Monday, April 7, 2008
RIP Charlton Heston 1924-2008
Even during his box office champion heyday, Charlton Heston was referenced as an object of some derision, as a wooden actor who brought with him a patented godlike posturing and familiar stentorian vocal style alongside his obvious good looks, blazing blue eyes and well-toned physique. Heston had a serious track record of blockbusters, from the fifties through the seventies, colorful big budget productions like The Greatest Show on Earth (’52), The Ten Commandments (’56), The Big Country (’58), Ben-Hur (’59), El Cid (’61), 55 Days at Peking (’63), The Greatest Story Ever Told (’65), Planet of the Apes (’67), The Omega Man (’71), Soylent Green (’73),Earthquake (’74), and Airport 75 (’74).
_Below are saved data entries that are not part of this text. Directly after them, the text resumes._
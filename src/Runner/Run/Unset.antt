-- ===== src/Runner/Run/Unset.antt =====
-- `waitpid` that fails in `jug_runner_run`, as it does for the pid -2 of a template that could not clone.
use kudos_judge.Base.{
  ℕ, zero, suc, ◌||◌, ◌≡◌, refl, ap, ◌∙◌, inl, inr, Bool, true, false, Option, none, List, [], ◌∷◌,
  Bytes, arith, ℤ, pos, negsuc, length, Option-cases, if◌then◌else◌, subst,
}
use kudos_judge.Compare.{Descriptor, compare_output}
use kudos_judge.Runner.Result.{SandboxResult}
use kudos_judge.Runner.Run.{
  Settings, Round, State, Outcome, goes_on, finishes, hangs, Output, got, end_of_file, read_again,
  read_failed, Fed, wait_failed, start, before_output, round, run_loop, conclude, read_output,
  take_output, last_comparison, after_piece, after_last, pipe_failed, feed_watcher, poll_watcher,
  watcher_ended, Waited,
}

-- What is known of the watcher.
abbrev watcher : State → Bool × Bool × Option SandboxResult
watcher p = (p.watcher_alive, p.spawn_succeeded, p.watcher_result)

abbrev Leaves : Outcome → Bool × Bool × Option SandboxResult → Type 0
Leaves (goes_on q) w = watcher q ≡ w
Leaves (finishes q) w = watcher q ≡ w
Leaves hangs w = Unit

watcher-pipe_failed : (s : Settings) (p : State) → watcher (pipe_failed s p) ≡ watcher p
unfolding pipe_failed
watcher-pipe_failed s p = ground arith

watcher-feed_watcher :
    (s : Settings) (i : Fed) (p : State) → watcher (feed_watcher s i p) ≡ watcher p
unfolding feed_watcher pipe_failed
watcher-feed_watcher s i p = ground arith

watcher-after_piece :
    (s : Settings) (n : ℕ) (code : ℤ) (fd : Descriptor) (p : State)
    → watcher (after_piece s n code fd p) ≡ watcher p
unfolding after_piece
watcher-after_piece s n (pos zero) fd p = ground arith
watcher-after_piece s n (pos (suc k)) fd p = ground arith
watcher-after_piece s n (negsuc k) fd p = ground arith

Leaves-if :
    (b : Bool) (x y : Outcome) (w : Bool × Bool × Option SandboxResult)
    → Leaves x w
    → Leaves y w
    → Leaves (if b then x else y) w
Leaves-if true x y w h k = h
Leaves-if false x y w h k = k

take_output-Leaves : (s : Settings) (b : Bytes) (p : State) → Leaves (take_output s b p) (watcher p)
unfolding take_output
take_output-Leaves s b p =
    elim (Option-cases (compare_output p.fd_output_ref b (pos p.compare_stage))) [
      | inl stuck ↦ rw (take_output, stuck) tt
      | inr ((code, fd), e) ↦ rw (take_output, e) (watcher-after_piece s (length b) code fd p)
    ]

last_comparison-Leaves :
    (next : State → Outcome) (p : State)
    → ((q : State) → Leaves (next q) (watcher q))
    → Leaves (last_comparison next p) (watcher p)
unfolding last_comparison after_last
last_comparison-Leaves next p h =
    elim (Option-cases (compare_output p.fd_output_ref [] (negsuc 0))) [
      | inl stuck ↦ rw (last_comparison, stuck) tt
      | inr ((code, fd), e) ↦ rw (last_comparison, e) (h (after_last code fd p))
    ]

read_output-Leaves :
    (s : Settings) (o : Output) (p : State) → Leaves (read_output s o p) (watcher p)
unfolding read_output
read_output-Leaves s (got byte bytes) p = take_output-Leaves s (byte ∷ bytes) p
read_output-Leaves s end_of_file p =
    last_comparison-Leaves goes_on (record p { endoffile = true }) (λ q. refl)
read_output-Leaves s read_again p =
    Leaves-if p.watcher_alive (goes_on p) (last_comparison finishes p) (watcher p) refl
      (last_comparison-Leaves finishes p (λ q. refl))
read_output-Leaves s read_failed p = watcher-pipe_failed s p

watcher-before_output :
    (s : Settings) (r : Round) (p : State)
    → watcher (before_output s r p) ≡ watcher (poll_watcher r.waited p)
unfolding before_output
watcher-before_output s r p = watcher-feed_watcher s r.input (poll_watcher r.waited p)

round-Leaves :
    (s : Settings) (r : Round) (p : State) → Leaves (round s r p) (watcher (before_output s r p))
unfolding round
round-Leaves s r p =
    let q = before_output s r p in
    Leaves-if (q.endoffile || q.compout_detected)
      (if q.watcher_alive then goes_on q else finishes q) (read_output s r.output q) (watcher q)
      (Leaves-if q.watcher_alive (goes_on q) (finishes q) (watcher q) refl refl)
      (read_output-Leaves s r.output q)

-- A watcher that is taken for dead and has left no result.
abbrev unset : Bool × Bool × Option SandboxResult
unset = (false, true, none)

poll_watcher-unset :
    (w : Waited) (p : State) → watcher p ≡ unset → watcher (poll_watcher w p) ≡ unset
unfolding poll_watcher
poll_watcher-unset w p e = ground (arith, ap (λ t. t.0) e, e)

abbrev Unset : Outcome → Type 0
Unset (goes_on q) = Unit
Unset (finishes q) = watcher q ≡ unset
Unset hangs = Unit

onward :
    (s : Settings) (r : Round) (rounds : List Round) (p : State) (o : Outcome)
    → ((q : State) → watcher q ≡ unset → Unset (run_loop s rounds q))
    → round s r p ≡ o
    → Leaves o (watcher (before_output s r p))
    → watcher (before_output s r p) ≡ unset
    → Unset (run_loop s (r ∷ rounds) p)
unfolding run_loop
onward s r rounds p (goes_on q) ih run left known = rw (run_loop, run) (ih q (left ∙ known))
onward s r rounds p (finishes q) ih run left known = rw (run_loop, run) (left ∙ known)
onward s r rounds p hangs ih run left known = rw (run_loop, run) tt

run_loop-unset :
    (s : Settings) (rounds : List Round) (p : State)
    → watcher p ≡ unset
    → Unset (run_loop s rounds p)
unfolding run_loop
run_loop-unset s [] p e = tt
run_loop-unset s (r ∷ rounds) p e =
    onward s r rounds p (round s r p) (run_loop-unset s rounds) refl (round-Leaves s r p)
      (watcher-before_output s r p ∙ poll_watcher-unset r.waited p e)

poll_watcher-failed :
    (w : Waited) (fd : Descriptor) → w ≡ wait_failed → watcher (poll_watcher w (start fd)) ≡ unset
unfolding poll_watcher watcher_ended start
poll_watcher-failed w fd e = rw e refl

-- Where waitpid fails in the first round and the loop finishes, the result is read from a variable
-- that was never set.
pub wait_failed-conclude :
    (s : Settings) (r : Round) (rounds : List Round) (fd : Descriptor) (q : State)
    → r.waited ≡ wait_failed
    → run_loop s (r ∷ rounds) (start fd) ≡ finishes q
    → conclude q ≡ none
unfolding conclude
wait_failed-conclude s r rounds fd q failed e =
    let found : watcher q ≡ unset = subst Unset e (
      onward s r rounds (start fd) (round s r (start fd)) (run_loop-unset s rounds) refl
        (round-Leaves s r (start fd))
        (watcher-before_output s r (start fd) ∙ poll_watcher-failed r.waited fd failed)) in
    ground (
      arith,
      ap (λ (w : Bool × Bool × Option SandboxResult). w.1) found,
      ap (λ (w : Bool × Bool × Option SandboxResult). w.2) found,
    )
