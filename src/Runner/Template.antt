-- ===== src/Runner/Template.antt =====
-- The shared memory between the threads of the daemon and the template process, in runner.c:
-- `jug_runner_template_clone` asks for a watcher, `jug_runner_template_sighandler` clones one, and
-- `jug_runner_template` is what the handler interrupts. Each access to the memory is a step; a
-- thread that spins takes none. `template_pipe_mutex` lets one thread in at a time. Memory is
-- read and written in one order that all see.
pub mod Handshake
pub mod Progress
mod Tests
use kudos_judge.Base.{◌≡◌, Bool, true, false, List, [], ◌∷◌, ◌++◌, Bytes, ℤ}

-- `template_shm[0]`; `init` is the I of "INIT".
pub data Flag : Type 0 where
  init not_ready start ready ok : Flag

-- What lies behind it: a request, or the pid of a watcher.
pub data Payload : Type 0 where
  blank : Payload
  request : Bytes → Payload
  reply : ℤ → Payload

-- What both sides touch, and the history: the clones that were tried, each with what its request
-- was read as and its pid, or -2 where it failed, and the requests that were answered, each with what the thread read.
pub record Shared : Type 0 where
  pub flag : Flag
  pub payload : Payload
  -- a SIGUSR1 that has not been handled
  pub pending : Bool
  pub clones : List (Payload × Payload)
  pub answers : List (Payload × Payload)

-- The thread that holds the mutex, with its request; `idle` is a free mutex.
pub data Client : Type 0 where
  idle : Client
  awaits_start : Bytes → Client  -- while(template_shm[0]!='S');
  signals : Bytes → Client
  awaits_ready : Bytes → Client  -- while(template_shm[0]!='R');
  writes : Bytes → Client
  sends : Bytes → Client
  awaits_reply : Bytes → Client  -- while(template_shm[0]!='R');
  reads : Bytes → Client
  confirms : Bytes → Payload → Client
  unlocks : Bytes → Payload → Client

-- The template process: its loop, and the handler.
pub data Template : Type 0 where
  looping : Template
  sleeping : Template
  entered : Template
  awaits_request : Template  -- while(template_shm[0]!='K');
  reads_request : Template
  clones_watcher : Payload → Template
  writes_pid : ℤ → Template
  answers_pid : Template
  awaits_ok : Template  -- while(template_shm[0]!='K');
  leaves : Template

-- A step of `jug_runner_template_clone`
pub data Ask (m : Shared) : Client → Shared → Client → Type 0 where
  lock : (q : Bytes) → Ask m idle m (awaits_start q)
  see_start : {q : Bytes} → m.flag ≡ start → Ask m (awaits_start q) m (signals q)
  signal : {q : Bytes} → Ask m (signals q) (record m { pending = true }) (awaits_ready q)
  -- `kill` fails, and -1 is returned
  give_up : {q : Bytes} → Ask m (signals q) m idle
  see_ready : {q : Bytes} → m.flag ≡ ready → Ask m (awaits_ready q) m (writes q)
  write : {q : Bytes} → Ask m (writes q) (record m { payload = request q }) (sends q)
  send : {q : Bytes} → Ask m (sends q) (record m { flag = ok }) (awaits_reply q)
  see_reply : {q : Bytes} → m.flag ≡ ready → Ask m (awaits_reply q) m (reads q)
  take_pid : {q : Bytes} → Ask m (reads q) m (confirms q m.payload)
  confirm : {q : Bytes} {p : Payload} → Ask m (confirms q p) (record m { flag = ok }) (unlocks q p)
  unlock :
      {q : Bytes} {p : Payload}
      → Ask m (unlocks q p) (record m { answers = m.answers ++ ((request q, p) ∷ []) }) idle

-- A step of the template process. The handler runs between any two steps of the loop, and the loop
-- only goes on when it has returned.
pub data Serve (m : Shared) : Template → Shared → Template → Type 0 where
  announce : Serve m looping (record m { flag = start }) sleeping
  wake : Serve m sleeping m looping
  interrupt_loop : m.pending ≡ true → Serve m looping (record m { pending = false }) entered
  interrupt_sleep : m.pending ≡ true → Serve m sleeping (record m { pending = false }) entered
  enter : Serve m entered (record m { flag = ready }) awaits_request
  see_request : m.flag ≡ ok → Serve m awaits_request m reads_request
  read_request : Serve m reads_request m (clones_watcher m.payload)
  -- `clone` gives a pid, or -1 for which -2 is answered and stands in the history
  clone_watcher :
      {p : Payload} (pid : ℤ)
      → Serve m
          (clones_watcher p)
          (record m { clones = m.clones ++ ((p, reply pid) ∷ []) })
          (writes_pid pid)
  write_pid : {pid : ℤ} → Serve m (writes_pid pid) (record m { payload = reply pid }) answers_pid
  answer : Serve m answers_pid (record m { flag = ready }) awaits_ok
  see_ok : m.flag ≡ ok → Serve m awaits_ok m leaves
  leave : Serve m leaves (record m { flag = ready }) looping

-- The memory when the template process comes to its loop.
abbrev pub booted : Shared
booted = record { flag = not_ready; payload = blank; pending = false; clones = []; answers = [] }

pub data Reach : Shared → Client → Template → Type 0 where
  boot : Reach booted idle looping
  asked :
      {m m' : Shared} {c c' : Client} {t : Template} → Reach m c t → Ask m c m' c' → Reach m' c' t
  served :
      {m m' : Shared} {c : Client} {t t' : Template} → Reach m c t → Serve m t m' t' → Reach m' c t'
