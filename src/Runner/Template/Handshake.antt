-- ===== src/Runner/Template/Handshake.antt =====
-- The invariant of the shared memory.
use kudos_judge.Base.{◌≡◌, refl, sym, ◌∙◌, true, false, List, [], ◌∷◌, ◌++◌, append-nil, arith}
use kudos_judge.Runner.Template.{
  start, ready, ok, Payload, request, reply, Shared, Client, idle, awaits_start, signals,
  awaits_ready, writes, sends, awaits_reply, reads, confirms, unlocks, Template, looping, sleeping,
  entered, awaits_request, reads_request, clones_watcher, writes_pid, answers_pid, awaits_ok,
  leaves, Ask, lock, see_start, signal, give_up, see_ready, write, send, see_reply, take_pid,
  confirm, unlock, Serve, announce, wake, interrupt_loop, interrupt_sleep, enter, see_request,
  read_request, clone_watcher, write_pid, answer, see_ok, leave, Reach, boot, asked, served,
}

-- The template process is done with the last request.
abbrev pub Quiet : Shared → Template → Type 0
Quiet m looping = m.pending ≡ false
Quiet m sleeping = m.pending ≡ false
Quiet m awaits_ok = (m.pending ≡ false) × (m.flag ≡ ok)
Quiet m leaves = (m.pending ≡ false) × (m.flag ≡ ok)
Quiet m _ = ⊥

-- The watchers that no thread has been told of.
abbrev pub Outstanding : Shared → List (Payload × Payload) → Type 0
Outstanding m rest = m.clones ≡ m.answers ++ rest

-- Where the two sides can stand together.
abbrev pub Joint : Shared → Client → Template → Type 0
Joint m idle t = Quiet m t × Outstanding m []
Joint m (awaits_start q) t = Quiet m t × Outstanding m []
Joint m (signals q) looping = (m.pending ≡ false) × (m.flag ≡ start) × Outstanding m []
Joint m (signals q) sleeping = (m.pending ≡ false) × (m.flag ≡ start) × Outstanding m []
Joint m (awaits_ready q) looping = (m.pending ≡ true) × (m.flag ≡ start) × Outstanding m []
Joint m (awaits_ready q) sleeping = (m.pending ≡ true) × (m.flag ≡ start) × Outstanding m []
Joint m (awaits_ready q) entered = (m.pending ≡ false) × (m.flag ≡ start) × Outstanding m []
Joint m (awaits_ready q) awaits_request = (m.pending ≡ false) × (m.flag ≡ ready) × Outstanding m []
Joint m (writes q) awaits_request = (m.pending ≡ false) × (m.flag ≡ ready) × Outstanding m []
Joint m (sends q) awaits_request =
    (m.pending ≡ false) × (m.flag ≡ ready) × (m.payload ≡ request q) × Outstanding m []
Joint m (awaits_reply q) awaits_request =
    (m.pending ≡ false) × (m.flag ≡ ok) × (m.payload ≡ request q) × Outstanding m []
Joint m (awaits_reply q) reads_request =
    (m.pending ≡ false) × (m.flag ≡ ok) × (m.payload ≡ request q) × Outstanding m []
Joint m (awaits_reply q) (clones_watcher p) =
    (m.pending ≡ false) × (m.flag ≡ ok) × (p ≡ request q) × Outstanding m []
Joint m (awaits_reply q) (writes_pid pid) =
    (m.pending ≡ false) × (m.flag ≡ ok) × Outstanding m ((request q, reply pid) ∷ [])
Joint m (awaits_reply q) answers_pid =
    (m.pending ≡ false) × (m.flag ≡ ok) × Outstanding m ((request q, m.payload) ∷ [])
Joint m (awaits_reply q) awaits_ok =
    (m.pending ≡ false) × (m.flag ≡ ready) × Outstanding m ((request q, m.payload) ∷ [])
Joint m (reads q) awaits_ok =
    (m.pending ≡ false) × (m.flag ≡ ready) × Outstanding m ((request q, m.payload) ∷ [])
Joint m (confirms q p) awaits_ok =
    (m.pending ≡ false) × (m.flag ≡ ready) × Outstanding m ((request q, p) ∷ [])
Joint m (unlocks q p) t = Quiet m t × Outstanding m ((request q, p) ∷ [])
Joint m _ _ = ⊥

Ask-Joint :
    {m m' : Shared} {c c' : Client} (t : Template) → Ask m c m' c' → Joint m c t → Joint m' c' t
Ask-Joint t (lock q) j = j
Ask-Joint looping (see_start e) j = ground arith
Ask-Joint _ (see_start e) j = ground arith
Ask-Joint looping signal j = ground arith
Ask-Joint _ signal j = ground arith
Ask-Joint looping give_up j = ground arith
Ask-Joint _ give_up j = ground arith
Ask-Joint looping (see_ready e) j = ground arith
Ask-Joint _ (see_ready e) j = ground arith
Ask-Joint looping write j = ground arith
Ask-Joint _ write j = ground arith
Ask-Joint looping send j = ground arith
Ask-Joint _ send j = ground arith
Ask-Joint looping (see_reply e) j = ground arith
Ask-Joint _ (see_reply e) j = ground arith
Ask-Joint looping take_pid j = ground arith
Ask-Joint _ take_pid j = ground arith
Ask-Joint looping confirm j = ground arith
Ask-Joint _ confirm j = ground arith
Ask-Joint t (unlock {q} {p}) (quiet, told) = (quiet, told ∙ sym (append-nil _))

Serve-Joint :
    {m m' : Shared} (c : Client) {t t' : Template} → Serve m t m' t' → Joint m c t → Joint m' c t'
Serve-Joint idle announce j = ground arith
Serve-Joint _ announce j = ground arith
Serve-Joint idle wake j = ground arith
Serve-Joint _ wake j = ground arith
Serve-Joint idle (interrupt_loop e) j = ground arith
Serve-Joint _ (interrupt_loop e) j = ground arith
Serve-Joint idle (interrupt_sleep e) j = ground arith
Serve-Joint _ (interrupt_sleep e) j = ground arith
Serve-Joint idle enter j = ground arith
Serve-Joint _ enter j = ground arith
Serve-Joint idle (see_request e) j = ground arith
Serve-Joint _ (see_request e) j = ground arith
Serve-Joint idle read_request j = ground arith
Serve-Joint _ read_request j = ground arith
Serve-Joint {m} (awaits_reply q) (clone_watcher pid) j = ground (arith, append-nil m.answers)
Serve-Joint idle (clone_watcher pid) j = ground arith
Serve-Joint _ (clone_watcher pid) j = ground arith
Serve-Joint idle write_pid j = ground arith
Serve-Joint _ write_pid j = ground arith
Serve-Joint idle answer j = ground arith
Serve-Joint _ answer j = ground arith
Serve-Joint idle (see_ok e) j = ground arith
Serve-Joint _ (see_ok e) j = ground arith
Serve-Joint idle leave j = ground arith
Serve-Joint _ leave j = ground arith

pub Reach-Joint : {m : Shared} {c : Client} {t : Template} → Reach m c t → Joint m c t
Reach-Joint boot = (refl, refl)
Reach-Joint (asked {t} r step) = Ask-Joint t step (Reach-Joint r)
Reach-Joint (served {c} r step) = Serve-Joint c step (Reach-Joint r)

-- In every interleaving, whenever no thread holds the mutex, the requests that were answered, each
-- with the pid that the thread read, are in this order those that a clone was tried for, each with
-- the pid of that clone, or -2 where it failed.
pub answers-clones : {m : Shared} {t : Template} → Reach m idle t → m.answers ≡ m.clones
answers-clones {m} r = sym ((Reach-Joint r).1 ∙ append-nil m.answers)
His monolithic and magisterial presence registered well with audiences, even those who enjoyed a good joke at his expense, yet he never had quite the magical trick up his sleeve to please the highminded moviegoing crowd, the sort of stuff his beefcake brothers like Robert Mitchum (intrinsic coolness), Kirk Douglas (high flying neuroticism), or Burt Lancaster (magnetic vitality) had in spades. (Heston did manage to be part of three enduring critical faves: Orson Welles’ Touch of Evil (’58), Sam Peckinpah’s Major Dundee (’65), and the vastly underrated Western Will Penny (’68).) Heston, like Sinatra a liberal gone over to the dark side with age, became a kind of Cardinal of Conservatism, and in the last decade and more he became the omniscient narrator and spokesman of the gun lobby and other right wing causes, becoming known as much for his political stances than his quite glorious Technicolor past, a past filled quite nicely by the ever chiseled Heston, rugged and rigid, clad in sandals, a robe, or some other such spurious costume, surrounded by extras, guided by a dictatorial director from high in a camera crane, a central piece of the lavish and plush jigsaw excessive splendor that was Hollywood in the heart of the studio era.